+++ GIVEN ENTRIES +++

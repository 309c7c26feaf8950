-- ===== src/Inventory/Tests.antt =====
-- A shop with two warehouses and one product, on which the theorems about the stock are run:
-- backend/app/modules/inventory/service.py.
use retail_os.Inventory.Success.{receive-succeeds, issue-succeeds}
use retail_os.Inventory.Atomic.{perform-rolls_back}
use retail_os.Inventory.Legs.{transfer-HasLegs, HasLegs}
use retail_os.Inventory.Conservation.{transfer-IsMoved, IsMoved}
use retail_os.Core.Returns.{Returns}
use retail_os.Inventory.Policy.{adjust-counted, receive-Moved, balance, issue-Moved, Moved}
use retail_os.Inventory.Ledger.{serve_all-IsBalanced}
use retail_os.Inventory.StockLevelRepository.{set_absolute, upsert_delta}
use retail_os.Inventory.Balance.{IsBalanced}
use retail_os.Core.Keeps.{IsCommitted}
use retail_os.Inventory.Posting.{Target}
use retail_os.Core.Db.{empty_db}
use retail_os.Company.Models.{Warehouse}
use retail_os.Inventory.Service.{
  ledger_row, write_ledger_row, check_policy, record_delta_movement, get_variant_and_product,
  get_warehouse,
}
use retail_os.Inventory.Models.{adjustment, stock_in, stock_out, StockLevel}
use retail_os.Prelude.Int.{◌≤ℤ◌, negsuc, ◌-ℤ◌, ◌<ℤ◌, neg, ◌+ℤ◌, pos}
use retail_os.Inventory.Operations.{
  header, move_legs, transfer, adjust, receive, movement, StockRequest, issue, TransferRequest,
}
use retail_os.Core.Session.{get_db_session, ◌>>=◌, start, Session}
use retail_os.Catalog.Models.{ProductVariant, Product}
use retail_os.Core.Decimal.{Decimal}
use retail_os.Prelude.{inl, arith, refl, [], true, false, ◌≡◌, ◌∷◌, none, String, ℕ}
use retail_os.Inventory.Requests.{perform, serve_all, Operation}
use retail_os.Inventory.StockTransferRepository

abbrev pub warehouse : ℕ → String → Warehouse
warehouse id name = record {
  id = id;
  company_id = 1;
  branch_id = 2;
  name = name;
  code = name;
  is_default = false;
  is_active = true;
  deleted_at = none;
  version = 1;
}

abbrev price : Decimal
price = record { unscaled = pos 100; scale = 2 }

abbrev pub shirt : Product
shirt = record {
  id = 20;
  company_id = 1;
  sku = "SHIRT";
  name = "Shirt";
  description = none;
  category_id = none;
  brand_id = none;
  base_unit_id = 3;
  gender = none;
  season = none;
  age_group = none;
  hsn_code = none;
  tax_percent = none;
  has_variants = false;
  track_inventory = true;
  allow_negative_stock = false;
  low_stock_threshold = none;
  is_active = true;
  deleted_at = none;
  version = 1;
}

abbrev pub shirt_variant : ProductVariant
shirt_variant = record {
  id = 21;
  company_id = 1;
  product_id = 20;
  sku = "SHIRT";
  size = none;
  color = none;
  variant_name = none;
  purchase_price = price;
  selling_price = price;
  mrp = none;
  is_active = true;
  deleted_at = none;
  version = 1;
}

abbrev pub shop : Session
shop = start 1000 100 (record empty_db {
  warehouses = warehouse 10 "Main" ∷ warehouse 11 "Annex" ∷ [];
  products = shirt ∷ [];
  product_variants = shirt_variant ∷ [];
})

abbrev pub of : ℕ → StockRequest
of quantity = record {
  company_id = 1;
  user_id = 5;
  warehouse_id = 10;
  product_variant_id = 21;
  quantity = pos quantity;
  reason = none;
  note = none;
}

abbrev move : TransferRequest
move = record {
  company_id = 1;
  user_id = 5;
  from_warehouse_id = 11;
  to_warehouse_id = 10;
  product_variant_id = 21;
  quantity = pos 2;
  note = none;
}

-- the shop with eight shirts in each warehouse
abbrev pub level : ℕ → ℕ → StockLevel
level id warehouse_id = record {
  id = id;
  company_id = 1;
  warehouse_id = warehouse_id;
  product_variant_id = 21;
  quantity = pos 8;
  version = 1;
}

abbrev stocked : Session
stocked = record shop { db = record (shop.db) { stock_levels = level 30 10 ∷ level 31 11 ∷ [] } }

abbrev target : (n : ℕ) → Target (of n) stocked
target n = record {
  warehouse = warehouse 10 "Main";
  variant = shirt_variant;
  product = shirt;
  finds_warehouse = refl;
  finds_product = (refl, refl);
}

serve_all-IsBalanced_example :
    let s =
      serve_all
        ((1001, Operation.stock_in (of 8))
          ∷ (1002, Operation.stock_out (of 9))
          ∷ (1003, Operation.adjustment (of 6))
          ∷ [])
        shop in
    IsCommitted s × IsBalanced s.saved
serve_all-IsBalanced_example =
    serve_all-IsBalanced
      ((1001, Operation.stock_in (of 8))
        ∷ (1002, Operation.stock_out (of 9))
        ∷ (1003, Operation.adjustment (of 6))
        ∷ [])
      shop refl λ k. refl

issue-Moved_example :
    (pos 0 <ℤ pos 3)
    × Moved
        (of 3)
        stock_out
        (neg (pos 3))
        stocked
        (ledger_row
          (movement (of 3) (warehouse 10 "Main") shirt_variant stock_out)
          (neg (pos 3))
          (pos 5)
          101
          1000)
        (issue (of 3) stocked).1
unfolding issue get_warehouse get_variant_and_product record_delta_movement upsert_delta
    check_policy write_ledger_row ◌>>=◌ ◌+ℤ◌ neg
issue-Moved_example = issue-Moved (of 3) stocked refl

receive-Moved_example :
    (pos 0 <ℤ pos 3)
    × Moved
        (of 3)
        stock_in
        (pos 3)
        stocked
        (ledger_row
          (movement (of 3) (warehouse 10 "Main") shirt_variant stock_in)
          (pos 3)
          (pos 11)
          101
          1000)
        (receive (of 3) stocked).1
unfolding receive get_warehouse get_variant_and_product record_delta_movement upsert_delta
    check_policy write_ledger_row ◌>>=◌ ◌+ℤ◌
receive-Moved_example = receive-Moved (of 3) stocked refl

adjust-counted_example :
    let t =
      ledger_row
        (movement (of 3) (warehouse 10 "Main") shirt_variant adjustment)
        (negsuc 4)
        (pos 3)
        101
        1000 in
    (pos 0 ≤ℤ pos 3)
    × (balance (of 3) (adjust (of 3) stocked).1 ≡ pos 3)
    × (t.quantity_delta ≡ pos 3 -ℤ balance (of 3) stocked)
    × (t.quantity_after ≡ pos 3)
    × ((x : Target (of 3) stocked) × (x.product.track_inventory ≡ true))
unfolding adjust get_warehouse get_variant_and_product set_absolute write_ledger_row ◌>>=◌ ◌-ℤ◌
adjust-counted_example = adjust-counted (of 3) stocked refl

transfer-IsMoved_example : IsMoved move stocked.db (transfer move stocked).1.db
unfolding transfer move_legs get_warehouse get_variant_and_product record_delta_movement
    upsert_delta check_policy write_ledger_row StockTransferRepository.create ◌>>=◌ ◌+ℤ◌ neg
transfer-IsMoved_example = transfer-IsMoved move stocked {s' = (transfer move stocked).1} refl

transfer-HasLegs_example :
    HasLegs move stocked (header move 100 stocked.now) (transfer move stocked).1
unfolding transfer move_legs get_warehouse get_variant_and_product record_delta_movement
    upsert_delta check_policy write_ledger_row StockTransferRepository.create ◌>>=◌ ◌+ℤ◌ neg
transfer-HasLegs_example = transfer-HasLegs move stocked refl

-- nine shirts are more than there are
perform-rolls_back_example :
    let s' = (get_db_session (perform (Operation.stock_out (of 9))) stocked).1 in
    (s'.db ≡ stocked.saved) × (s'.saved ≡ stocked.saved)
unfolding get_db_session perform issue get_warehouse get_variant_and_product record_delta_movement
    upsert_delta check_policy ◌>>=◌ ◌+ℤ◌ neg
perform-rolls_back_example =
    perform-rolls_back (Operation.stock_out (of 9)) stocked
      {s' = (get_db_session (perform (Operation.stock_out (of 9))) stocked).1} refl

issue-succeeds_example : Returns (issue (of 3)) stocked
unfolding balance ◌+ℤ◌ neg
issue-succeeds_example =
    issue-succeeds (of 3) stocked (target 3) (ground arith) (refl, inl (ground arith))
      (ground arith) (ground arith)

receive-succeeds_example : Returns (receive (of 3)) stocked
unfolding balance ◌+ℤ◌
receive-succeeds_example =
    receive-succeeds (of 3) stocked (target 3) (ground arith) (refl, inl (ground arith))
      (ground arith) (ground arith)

+++

ABOUT THIS TASK: Please reproduce the lines from the line with "let s' = (get_db_session" to the line with "unfolding get_db_session perform", both ends included, exactly as they appear above.

REPLY TO THE TASK:
    let s' = (get_db_session (perform (Operation.stock_out (of 9))) stocked).1 in
    (s'.db ≡ stocked.saved) × (s'.saved ≡ stocked.saved)
unfolding get_db_session perform issue get_warehouse get_variant_and_product record_delta_movement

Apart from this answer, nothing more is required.